Provided data →
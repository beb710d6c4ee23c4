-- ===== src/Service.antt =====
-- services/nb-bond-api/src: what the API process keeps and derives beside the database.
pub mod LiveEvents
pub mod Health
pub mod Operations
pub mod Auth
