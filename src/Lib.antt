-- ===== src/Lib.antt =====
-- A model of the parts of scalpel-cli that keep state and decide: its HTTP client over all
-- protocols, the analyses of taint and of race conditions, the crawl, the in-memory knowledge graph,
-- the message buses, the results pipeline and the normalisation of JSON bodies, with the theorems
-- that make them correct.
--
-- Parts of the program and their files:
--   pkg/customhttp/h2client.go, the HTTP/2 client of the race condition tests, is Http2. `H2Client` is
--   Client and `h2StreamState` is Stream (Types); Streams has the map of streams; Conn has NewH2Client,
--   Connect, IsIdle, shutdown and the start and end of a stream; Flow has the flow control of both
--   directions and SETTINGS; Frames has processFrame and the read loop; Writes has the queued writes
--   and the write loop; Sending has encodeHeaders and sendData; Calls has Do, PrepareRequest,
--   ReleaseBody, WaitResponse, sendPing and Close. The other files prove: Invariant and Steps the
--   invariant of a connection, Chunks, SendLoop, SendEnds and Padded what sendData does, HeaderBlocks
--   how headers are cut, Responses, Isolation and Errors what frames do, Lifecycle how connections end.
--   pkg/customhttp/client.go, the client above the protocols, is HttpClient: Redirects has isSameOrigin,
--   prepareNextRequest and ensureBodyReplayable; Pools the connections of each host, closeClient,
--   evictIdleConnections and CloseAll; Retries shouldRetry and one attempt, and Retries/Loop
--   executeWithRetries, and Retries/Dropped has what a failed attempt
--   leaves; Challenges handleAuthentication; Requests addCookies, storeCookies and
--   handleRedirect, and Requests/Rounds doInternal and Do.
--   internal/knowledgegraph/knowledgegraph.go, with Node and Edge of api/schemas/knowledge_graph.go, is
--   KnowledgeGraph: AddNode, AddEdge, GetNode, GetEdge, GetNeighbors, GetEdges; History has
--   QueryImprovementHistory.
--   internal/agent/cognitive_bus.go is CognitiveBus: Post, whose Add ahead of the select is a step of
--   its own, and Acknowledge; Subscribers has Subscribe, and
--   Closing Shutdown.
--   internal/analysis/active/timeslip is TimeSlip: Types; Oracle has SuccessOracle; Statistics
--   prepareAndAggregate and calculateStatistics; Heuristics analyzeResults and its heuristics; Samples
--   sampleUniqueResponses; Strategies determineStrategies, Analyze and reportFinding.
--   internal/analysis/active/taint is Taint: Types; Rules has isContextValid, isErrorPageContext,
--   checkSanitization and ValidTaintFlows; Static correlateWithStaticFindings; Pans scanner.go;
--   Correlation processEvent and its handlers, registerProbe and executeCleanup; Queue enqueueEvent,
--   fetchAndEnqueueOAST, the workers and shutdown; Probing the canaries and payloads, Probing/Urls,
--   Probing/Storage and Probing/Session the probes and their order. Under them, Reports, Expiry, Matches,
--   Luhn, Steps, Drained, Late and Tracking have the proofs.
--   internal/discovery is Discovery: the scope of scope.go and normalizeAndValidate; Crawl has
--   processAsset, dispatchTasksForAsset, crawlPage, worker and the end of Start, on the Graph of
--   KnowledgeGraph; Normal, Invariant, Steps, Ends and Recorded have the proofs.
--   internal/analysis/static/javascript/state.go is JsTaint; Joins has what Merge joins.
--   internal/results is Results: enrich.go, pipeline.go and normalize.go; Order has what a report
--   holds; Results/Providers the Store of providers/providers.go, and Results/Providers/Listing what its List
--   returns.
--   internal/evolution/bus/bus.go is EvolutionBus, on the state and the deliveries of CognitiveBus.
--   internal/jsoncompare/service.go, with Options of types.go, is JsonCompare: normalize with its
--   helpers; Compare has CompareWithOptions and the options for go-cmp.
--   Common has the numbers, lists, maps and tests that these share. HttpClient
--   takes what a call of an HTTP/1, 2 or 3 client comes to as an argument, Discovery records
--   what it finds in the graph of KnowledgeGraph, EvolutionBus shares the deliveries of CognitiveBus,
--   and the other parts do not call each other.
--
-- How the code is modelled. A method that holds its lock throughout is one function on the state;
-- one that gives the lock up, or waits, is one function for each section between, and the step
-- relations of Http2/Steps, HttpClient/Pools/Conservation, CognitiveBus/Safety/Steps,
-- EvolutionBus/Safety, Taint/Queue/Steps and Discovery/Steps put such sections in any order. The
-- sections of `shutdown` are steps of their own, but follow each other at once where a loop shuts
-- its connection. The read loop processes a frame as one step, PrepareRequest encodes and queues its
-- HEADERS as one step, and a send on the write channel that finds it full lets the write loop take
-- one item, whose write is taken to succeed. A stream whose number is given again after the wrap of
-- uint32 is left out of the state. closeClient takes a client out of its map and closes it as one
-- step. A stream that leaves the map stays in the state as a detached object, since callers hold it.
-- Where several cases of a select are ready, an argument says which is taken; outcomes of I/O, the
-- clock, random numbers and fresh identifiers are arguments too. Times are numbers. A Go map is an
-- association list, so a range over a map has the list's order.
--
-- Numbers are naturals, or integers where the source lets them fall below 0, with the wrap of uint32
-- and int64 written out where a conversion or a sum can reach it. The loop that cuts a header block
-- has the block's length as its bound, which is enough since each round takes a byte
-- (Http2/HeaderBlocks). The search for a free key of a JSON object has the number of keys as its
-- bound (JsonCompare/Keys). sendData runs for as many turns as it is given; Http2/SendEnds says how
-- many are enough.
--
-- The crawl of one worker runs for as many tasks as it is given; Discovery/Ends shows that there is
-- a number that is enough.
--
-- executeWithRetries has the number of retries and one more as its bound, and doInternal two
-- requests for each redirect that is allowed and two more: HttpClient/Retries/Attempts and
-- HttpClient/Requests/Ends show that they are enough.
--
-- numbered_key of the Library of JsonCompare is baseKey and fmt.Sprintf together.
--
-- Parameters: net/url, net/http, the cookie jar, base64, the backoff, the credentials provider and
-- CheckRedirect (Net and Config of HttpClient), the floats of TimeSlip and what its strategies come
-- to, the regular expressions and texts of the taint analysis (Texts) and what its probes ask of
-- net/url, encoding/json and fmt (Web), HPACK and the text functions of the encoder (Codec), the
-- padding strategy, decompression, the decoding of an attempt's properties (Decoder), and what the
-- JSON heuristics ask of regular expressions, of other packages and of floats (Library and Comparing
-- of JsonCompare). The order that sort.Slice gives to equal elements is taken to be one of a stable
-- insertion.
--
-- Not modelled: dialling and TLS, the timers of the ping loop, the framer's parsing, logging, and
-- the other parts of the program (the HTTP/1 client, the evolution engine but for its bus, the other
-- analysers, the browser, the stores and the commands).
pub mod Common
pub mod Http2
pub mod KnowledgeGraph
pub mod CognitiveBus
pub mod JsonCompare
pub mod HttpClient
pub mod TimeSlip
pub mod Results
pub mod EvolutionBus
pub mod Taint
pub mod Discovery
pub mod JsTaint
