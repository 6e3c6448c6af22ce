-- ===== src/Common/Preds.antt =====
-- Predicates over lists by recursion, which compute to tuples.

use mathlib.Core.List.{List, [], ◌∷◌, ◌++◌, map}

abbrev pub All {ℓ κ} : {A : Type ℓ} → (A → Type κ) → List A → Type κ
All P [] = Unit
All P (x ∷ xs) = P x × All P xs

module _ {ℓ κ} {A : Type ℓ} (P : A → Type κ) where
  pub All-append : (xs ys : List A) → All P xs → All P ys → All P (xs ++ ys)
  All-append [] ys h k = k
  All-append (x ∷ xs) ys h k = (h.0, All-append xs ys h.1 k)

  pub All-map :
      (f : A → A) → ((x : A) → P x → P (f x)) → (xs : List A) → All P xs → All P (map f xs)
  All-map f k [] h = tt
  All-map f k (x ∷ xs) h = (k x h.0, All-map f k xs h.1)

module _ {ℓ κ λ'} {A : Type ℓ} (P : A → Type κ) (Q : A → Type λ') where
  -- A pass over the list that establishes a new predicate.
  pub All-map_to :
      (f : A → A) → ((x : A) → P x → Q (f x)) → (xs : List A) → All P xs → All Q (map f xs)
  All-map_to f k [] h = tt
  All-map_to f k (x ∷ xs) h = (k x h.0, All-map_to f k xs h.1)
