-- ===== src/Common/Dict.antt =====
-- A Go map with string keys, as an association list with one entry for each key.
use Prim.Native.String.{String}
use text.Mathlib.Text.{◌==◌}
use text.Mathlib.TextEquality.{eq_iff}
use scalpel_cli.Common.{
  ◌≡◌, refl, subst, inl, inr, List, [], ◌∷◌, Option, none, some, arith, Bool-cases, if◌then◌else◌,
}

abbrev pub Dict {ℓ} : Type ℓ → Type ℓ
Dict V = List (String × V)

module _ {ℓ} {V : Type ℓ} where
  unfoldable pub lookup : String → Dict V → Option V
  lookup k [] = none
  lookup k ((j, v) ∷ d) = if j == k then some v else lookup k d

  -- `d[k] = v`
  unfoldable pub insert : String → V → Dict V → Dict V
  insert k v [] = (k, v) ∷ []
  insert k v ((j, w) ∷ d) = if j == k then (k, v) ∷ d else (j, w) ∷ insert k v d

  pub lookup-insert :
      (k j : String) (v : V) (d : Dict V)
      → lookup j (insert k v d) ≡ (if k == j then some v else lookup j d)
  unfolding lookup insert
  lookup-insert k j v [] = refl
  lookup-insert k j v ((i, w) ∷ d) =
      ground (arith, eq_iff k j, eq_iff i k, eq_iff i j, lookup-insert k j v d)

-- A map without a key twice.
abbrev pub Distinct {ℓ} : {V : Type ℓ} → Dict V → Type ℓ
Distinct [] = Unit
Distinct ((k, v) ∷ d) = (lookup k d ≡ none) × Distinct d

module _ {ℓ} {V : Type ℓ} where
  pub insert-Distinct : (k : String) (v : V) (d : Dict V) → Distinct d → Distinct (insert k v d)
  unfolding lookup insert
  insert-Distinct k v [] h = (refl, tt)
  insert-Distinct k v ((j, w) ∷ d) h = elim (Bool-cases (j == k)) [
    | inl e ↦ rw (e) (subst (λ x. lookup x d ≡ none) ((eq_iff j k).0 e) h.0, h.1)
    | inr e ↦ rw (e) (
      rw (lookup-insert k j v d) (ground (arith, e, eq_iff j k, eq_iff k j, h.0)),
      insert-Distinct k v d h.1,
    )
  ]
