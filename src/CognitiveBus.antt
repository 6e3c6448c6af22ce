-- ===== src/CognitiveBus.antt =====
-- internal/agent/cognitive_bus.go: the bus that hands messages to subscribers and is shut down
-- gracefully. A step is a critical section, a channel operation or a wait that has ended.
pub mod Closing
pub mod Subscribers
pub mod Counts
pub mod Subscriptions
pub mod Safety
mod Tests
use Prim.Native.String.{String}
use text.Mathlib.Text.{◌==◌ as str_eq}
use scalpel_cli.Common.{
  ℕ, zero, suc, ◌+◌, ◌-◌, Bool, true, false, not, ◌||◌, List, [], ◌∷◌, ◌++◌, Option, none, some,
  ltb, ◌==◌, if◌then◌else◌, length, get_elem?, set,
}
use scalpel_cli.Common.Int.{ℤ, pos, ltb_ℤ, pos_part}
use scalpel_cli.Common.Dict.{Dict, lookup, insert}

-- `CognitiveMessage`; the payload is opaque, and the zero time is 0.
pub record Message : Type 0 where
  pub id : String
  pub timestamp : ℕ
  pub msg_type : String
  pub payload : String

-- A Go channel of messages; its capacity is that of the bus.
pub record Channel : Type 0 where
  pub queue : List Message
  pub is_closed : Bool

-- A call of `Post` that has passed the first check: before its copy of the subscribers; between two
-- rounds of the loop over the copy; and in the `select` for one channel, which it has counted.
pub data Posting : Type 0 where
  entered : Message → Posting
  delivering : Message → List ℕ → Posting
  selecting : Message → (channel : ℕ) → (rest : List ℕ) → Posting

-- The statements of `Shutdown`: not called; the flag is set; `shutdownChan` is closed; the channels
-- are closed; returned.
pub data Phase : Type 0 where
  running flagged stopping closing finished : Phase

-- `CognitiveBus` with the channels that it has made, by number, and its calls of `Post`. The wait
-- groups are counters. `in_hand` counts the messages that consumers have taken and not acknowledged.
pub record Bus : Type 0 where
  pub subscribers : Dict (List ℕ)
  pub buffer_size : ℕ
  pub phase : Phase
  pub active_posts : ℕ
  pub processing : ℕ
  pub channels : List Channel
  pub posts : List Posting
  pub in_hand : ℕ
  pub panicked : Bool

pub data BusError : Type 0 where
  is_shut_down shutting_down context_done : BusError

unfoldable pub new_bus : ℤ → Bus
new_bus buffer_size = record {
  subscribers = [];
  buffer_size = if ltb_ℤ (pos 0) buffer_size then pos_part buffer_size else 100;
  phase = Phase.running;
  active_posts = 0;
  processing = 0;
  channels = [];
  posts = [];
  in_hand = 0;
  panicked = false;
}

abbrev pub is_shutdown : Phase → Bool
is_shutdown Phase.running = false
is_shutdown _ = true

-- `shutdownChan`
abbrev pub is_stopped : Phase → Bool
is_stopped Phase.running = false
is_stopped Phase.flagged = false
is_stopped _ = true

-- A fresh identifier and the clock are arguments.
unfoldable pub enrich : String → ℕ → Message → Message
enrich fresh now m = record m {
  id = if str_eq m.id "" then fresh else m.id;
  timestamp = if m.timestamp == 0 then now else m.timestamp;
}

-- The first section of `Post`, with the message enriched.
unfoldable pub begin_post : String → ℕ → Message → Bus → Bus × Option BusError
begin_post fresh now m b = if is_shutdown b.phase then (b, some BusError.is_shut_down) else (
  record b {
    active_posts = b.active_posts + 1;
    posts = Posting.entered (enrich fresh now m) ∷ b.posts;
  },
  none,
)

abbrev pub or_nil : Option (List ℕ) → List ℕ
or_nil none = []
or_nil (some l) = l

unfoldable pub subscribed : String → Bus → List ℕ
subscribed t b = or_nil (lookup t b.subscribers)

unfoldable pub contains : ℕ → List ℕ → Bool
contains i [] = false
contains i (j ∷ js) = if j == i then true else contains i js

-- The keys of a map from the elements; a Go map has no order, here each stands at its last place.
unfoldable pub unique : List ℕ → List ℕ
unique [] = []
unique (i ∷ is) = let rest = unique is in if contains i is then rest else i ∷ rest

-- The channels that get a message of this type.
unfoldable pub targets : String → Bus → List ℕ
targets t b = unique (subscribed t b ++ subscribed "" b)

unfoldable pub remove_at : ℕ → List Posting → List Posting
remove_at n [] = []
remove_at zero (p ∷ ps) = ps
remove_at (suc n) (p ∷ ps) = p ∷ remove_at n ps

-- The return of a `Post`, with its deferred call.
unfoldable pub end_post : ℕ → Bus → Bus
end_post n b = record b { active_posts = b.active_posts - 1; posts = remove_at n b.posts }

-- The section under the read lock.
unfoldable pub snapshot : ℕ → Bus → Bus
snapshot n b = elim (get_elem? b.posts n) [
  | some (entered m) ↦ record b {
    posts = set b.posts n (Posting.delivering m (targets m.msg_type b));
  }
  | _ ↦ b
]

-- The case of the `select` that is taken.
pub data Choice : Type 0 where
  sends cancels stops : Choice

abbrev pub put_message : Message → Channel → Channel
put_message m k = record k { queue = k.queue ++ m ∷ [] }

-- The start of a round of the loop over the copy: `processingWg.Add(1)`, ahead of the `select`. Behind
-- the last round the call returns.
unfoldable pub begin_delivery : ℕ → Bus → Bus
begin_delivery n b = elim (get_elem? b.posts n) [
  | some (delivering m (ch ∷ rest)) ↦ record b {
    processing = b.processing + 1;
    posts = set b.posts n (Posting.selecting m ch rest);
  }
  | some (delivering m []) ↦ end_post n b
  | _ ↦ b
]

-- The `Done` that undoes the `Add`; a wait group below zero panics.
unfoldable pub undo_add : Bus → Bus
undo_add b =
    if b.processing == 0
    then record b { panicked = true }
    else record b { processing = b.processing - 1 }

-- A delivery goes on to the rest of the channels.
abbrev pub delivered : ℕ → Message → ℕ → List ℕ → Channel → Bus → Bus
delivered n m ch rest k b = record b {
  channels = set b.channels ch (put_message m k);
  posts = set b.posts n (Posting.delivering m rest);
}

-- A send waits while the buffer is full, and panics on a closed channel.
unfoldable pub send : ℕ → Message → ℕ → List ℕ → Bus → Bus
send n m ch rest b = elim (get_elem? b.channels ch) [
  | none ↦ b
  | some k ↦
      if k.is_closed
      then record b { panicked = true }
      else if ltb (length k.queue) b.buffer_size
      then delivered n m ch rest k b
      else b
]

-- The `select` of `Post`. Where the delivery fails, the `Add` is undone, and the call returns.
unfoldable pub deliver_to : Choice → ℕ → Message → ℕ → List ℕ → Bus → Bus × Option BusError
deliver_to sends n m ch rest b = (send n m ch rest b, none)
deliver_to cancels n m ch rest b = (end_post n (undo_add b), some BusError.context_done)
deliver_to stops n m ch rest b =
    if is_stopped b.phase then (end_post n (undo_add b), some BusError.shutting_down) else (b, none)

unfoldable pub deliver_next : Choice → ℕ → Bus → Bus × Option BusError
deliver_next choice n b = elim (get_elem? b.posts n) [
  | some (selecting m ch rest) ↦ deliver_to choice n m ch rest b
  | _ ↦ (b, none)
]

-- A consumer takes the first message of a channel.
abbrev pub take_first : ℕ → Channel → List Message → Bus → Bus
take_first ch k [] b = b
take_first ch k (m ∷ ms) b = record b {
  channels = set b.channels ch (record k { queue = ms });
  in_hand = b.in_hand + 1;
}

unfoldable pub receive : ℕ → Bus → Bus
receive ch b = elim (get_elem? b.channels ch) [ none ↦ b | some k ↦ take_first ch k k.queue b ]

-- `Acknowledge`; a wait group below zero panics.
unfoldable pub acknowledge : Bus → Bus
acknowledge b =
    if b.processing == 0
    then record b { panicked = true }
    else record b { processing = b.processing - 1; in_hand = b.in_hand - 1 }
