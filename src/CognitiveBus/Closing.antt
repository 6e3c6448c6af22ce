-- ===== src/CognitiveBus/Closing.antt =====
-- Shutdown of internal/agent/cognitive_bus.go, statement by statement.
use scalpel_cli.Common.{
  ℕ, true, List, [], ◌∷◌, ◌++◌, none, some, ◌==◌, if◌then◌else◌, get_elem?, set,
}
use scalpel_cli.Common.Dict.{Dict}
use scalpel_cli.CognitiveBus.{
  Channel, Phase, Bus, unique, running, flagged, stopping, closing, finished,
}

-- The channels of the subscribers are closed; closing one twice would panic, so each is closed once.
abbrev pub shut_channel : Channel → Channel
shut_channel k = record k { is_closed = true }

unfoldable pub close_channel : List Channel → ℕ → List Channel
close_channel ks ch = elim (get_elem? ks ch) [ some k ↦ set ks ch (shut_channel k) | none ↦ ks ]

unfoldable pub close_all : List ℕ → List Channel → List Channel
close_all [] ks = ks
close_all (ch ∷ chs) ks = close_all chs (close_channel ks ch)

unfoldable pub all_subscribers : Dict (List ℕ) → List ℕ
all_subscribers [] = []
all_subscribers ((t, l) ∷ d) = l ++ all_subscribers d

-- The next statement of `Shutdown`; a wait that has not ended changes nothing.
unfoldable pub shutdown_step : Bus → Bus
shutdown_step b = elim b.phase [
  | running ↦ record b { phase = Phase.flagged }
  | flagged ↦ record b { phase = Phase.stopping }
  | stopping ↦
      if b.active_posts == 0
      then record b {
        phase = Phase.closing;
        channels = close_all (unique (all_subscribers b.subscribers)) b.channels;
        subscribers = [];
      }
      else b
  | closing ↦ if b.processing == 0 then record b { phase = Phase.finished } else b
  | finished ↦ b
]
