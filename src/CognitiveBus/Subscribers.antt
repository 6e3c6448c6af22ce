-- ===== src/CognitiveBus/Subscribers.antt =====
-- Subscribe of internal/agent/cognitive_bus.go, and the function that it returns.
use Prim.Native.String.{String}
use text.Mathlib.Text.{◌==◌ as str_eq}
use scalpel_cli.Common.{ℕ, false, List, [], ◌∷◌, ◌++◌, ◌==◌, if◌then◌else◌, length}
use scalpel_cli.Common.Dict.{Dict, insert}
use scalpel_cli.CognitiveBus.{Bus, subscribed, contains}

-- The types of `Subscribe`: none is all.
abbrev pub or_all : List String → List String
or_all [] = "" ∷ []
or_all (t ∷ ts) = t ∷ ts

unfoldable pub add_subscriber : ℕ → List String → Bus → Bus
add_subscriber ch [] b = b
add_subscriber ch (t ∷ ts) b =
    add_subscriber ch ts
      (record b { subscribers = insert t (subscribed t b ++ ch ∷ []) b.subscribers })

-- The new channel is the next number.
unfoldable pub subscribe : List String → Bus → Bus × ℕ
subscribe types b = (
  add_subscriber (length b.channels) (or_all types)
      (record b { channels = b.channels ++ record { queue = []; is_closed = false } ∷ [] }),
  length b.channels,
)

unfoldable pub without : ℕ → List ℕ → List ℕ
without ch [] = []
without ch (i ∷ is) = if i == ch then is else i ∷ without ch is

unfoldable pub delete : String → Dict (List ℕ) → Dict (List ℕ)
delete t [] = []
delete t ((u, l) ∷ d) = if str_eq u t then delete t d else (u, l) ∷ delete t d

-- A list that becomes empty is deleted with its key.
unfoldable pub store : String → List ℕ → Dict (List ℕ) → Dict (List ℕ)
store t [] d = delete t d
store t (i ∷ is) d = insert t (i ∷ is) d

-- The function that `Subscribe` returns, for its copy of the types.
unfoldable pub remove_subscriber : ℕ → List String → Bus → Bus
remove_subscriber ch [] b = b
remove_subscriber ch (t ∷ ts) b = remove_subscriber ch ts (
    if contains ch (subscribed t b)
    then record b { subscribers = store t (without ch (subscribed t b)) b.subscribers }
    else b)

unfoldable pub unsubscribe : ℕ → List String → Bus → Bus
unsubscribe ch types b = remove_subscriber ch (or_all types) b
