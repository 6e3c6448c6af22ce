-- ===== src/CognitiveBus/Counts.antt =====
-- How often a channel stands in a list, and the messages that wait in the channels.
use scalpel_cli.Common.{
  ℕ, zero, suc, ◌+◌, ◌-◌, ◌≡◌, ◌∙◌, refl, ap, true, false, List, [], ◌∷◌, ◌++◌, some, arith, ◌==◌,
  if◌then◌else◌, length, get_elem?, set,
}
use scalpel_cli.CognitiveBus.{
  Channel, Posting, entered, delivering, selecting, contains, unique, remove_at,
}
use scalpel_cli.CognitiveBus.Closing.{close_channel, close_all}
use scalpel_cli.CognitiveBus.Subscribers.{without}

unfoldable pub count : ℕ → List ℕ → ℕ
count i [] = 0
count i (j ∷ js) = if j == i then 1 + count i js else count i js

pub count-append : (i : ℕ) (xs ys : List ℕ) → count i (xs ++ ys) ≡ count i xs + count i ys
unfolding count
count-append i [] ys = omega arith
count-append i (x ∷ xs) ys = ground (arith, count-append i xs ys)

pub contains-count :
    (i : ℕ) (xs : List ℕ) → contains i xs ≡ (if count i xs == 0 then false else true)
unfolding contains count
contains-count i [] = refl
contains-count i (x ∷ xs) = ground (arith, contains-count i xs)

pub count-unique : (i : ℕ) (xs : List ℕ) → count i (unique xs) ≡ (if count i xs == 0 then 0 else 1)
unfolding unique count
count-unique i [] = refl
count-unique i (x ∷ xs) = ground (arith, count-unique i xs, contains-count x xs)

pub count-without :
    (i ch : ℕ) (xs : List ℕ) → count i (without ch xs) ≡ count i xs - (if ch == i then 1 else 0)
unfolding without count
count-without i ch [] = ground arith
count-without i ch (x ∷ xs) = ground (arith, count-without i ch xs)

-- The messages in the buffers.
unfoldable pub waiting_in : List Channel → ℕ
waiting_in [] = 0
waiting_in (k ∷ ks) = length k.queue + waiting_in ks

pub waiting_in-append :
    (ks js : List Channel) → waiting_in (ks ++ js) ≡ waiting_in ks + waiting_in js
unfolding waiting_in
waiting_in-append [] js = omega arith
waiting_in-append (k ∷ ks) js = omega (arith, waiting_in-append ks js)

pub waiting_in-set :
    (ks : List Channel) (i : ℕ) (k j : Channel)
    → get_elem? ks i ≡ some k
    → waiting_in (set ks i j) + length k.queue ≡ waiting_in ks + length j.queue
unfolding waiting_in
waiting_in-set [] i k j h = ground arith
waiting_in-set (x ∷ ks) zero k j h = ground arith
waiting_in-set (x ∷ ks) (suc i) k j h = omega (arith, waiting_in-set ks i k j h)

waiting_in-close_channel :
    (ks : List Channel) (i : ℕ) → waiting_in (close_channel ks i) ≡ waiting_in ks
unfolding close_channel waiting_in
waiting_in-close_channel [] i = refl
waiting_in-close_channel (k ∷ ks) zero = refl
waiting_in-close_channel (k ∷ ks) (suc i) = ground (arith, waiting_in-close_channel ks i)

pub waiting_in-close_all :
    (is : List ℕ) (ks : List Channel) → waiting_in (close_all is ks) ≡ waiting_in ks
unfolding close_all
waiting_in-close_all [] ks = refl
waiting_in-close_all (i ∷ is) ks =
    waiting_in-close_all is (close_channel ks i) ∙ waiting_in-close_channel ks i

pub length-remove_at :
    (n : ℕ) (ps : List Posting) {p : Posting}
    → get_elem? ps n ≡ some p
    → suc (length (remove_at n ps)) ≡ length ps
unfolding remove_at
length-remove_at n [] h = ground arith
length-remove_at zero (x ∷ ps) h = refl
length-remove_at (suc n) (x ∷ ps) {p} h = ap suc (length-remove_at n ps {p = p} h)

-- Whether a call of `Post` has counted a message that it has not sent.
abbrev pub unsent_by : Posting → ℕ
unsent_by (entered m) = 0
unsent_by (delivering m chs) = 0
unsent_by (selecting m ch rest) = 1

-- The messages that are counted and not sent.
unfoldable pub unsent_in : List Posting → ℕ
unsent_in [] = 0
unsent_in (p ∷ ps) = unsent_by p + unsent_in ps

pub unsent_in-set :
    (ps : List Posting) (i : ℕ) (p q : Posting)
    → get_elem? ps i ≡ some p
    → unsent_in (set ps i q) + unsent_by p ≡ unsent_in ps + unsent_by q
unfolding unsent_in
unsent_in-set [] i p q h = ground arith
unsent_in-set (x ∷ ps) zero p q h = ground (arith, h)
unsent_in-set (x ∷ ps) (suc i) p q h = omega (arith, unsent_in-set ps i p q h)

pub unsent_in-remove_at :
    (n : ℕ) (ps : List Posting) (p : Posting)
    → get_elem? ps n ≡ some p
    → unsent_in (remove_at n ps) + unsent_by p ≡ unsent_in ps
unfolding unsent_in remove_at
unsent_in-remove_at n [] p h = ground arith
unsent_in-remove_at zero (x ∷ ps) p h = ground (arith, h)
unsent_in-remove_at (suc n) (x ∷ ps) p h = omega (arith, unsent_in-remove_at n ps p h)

Your task → Return a word-for-word copy of the lines above from the one holding "-- ===== src/Common/Preds.antt" through the one holding "All-map_to f k [] h = tt", with both of them included and nothing besides.

Task result →
-- ===== src/Common/Preds.antt =====
-- Predicates over lists by recursion, which compute to tuples.

use mathlib.Core.List.{List, [], ◌∷◌, ◌++◌, map}

abbrev pub All {ℓ κ} : {A : Type ℓ} → (A → Type κ) → List A → Type κ
All P [] = Unit
All P (x ∷ xs) = P x × All P xs

module _ {ℓ κ} {A : Type ℓ} (P : A → Type κ) where
  pub All-append : (xs ys : List A) → All P xs → All P ys → All P (xs ++ ys)
  All-append [] ys h k = k
  All-append (x ∷ xs) ys h k = (h.0, All-append xs ys h.1 k)

  pub All-map :
      (f : A → A) → ((x : A) → P x → P (f x)) → (xs : List A) → All P xs → All P (map f xs)
  All-map f k [] h = tt
  All-map f k (x ∷ xs) h = (k x h.0, All-map f k xs h.1)

module _ {ℓ κ λ'} {A : Type ℓ} (P : A → Type κ) (Q : A → Type λ') where
  -- A pass over the list that establishes a new predicate.
  pub All-map_to :
      (f : A → A) → ((x : A) → P x → Q (f x)) → (xs : List A) → All P xs → All Q (map f xs)
  All-map_to f k [] h = tt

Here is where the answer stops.